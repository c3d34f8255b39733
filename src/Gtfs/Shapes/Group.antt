-- ===== src/Gtfs/Shapes/Group.antt =====
-- The points of each shape, as the grouping loop collects them.
use mathlib.Core.List.{Permᴰ}
use public_transport_tracker.Base.{
  string_eq, ◌≡◌, refl, sym, ◌∙◌, false, List, [], ◌∷◌, ◌++◌, String, if◌then◌else◌, ◌==◌, ==_iff,
  append-nil, append_assoc, length, length-Perm, get_or, Bool-cases, inl, inr,
}
use public_transport_tracker.Base.Int.{ltb_ℤ}
use public_transport_tracker.GoMap.{GoMap, lookup, assign}
use public_transport_tracker.GoMap.Laws.{lookup-assign}
use public_transport_tracker.Gtfs.Rows.{Conversions}
use public_transport_tracker.Gtfs.Shapes.{ShapePoint, point_of, group_range}

module _ {F : Type 0} where
  abbrev pub IsAscending : List (ShapePoint F) → Type 0
  IsAscending [] = Unit
  IsAscending (p ∷ []) = Unit
  IsAscending (p ∷ q ∷ points) = (ltb_ℤ q.seq p.seq ≡ false) × IsAscending (q ∷ points)

  -- What package `sort` documents of `sort.Slice` with this comparison: the same points, in ascending
  -- order, and nothing of points with equal numbers.
  pub record IsSorting (sort : List (ShapePoint F) → List (ShapePoint F)) : Type 0 where
    pub permutes : (points : List (ShapePoint F)) → Permᴰ (sort points) points
    pub ascends : (points : List (ShapePoint F)) → IsAscending (sort points)

  pub length-sort :
      (sort : List (ShapePoint F) → List (ShapePoint F))
      → IsSorting sort
      → (points : List (ShapePoint F)) → length (sort points) ≡ length points
  length-sort sort h points = length-Perm (h.permutes points)

  module _ (conv : Conversions F) (header : List String) where
    -- The points that the records of a file have for a shape, in the order of the file.
    abbrev pub points_of : String → List (List String) → List (ShapePoint F)
    points_of id [] = []
    points_of id (record' ∷ rows) =
        (if (point_of conv header record').0 == id
          then (point_of conv header record').1 ∷ []
          else [])
        ++ points_of id rows

    pub group_range-points_of :
        (id : String) (rows : List (List String)) (grouped : GoMap String (List (ShapePoint F)))
        → get_or (lookup id (group_range conv header rows grouped)) []
          ≡ get_or (lookup id grouped) [] ++ points_of id rows
    unfolding group_range
    group_range-points_of id [] grouped = sym (append-nil _)
    group_range-points_of id (record' ∷ rows) grouped =
        let (i, point) = point_of conv header record' in
        let points = get_or (lookup i grouped) [] ++ point ∷ [] in
        group_range-points_of id rows (assign i points grouped)
        ∙ rw (lookup-assign id i points grouped) (elim (Bool-cases (i == id)) [
          | inl e ↦ rw (e, (==_iff i id).0 e) (append_assoc _ (point ∷ []) _)
          | inr e ↦ rw e refl
        ])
┄┄┄┄┄┄
(Your instructions):
Counting only lines that contain the string "GoMap", how many are there in the data above? Give the number alone.

(Exercise result):
3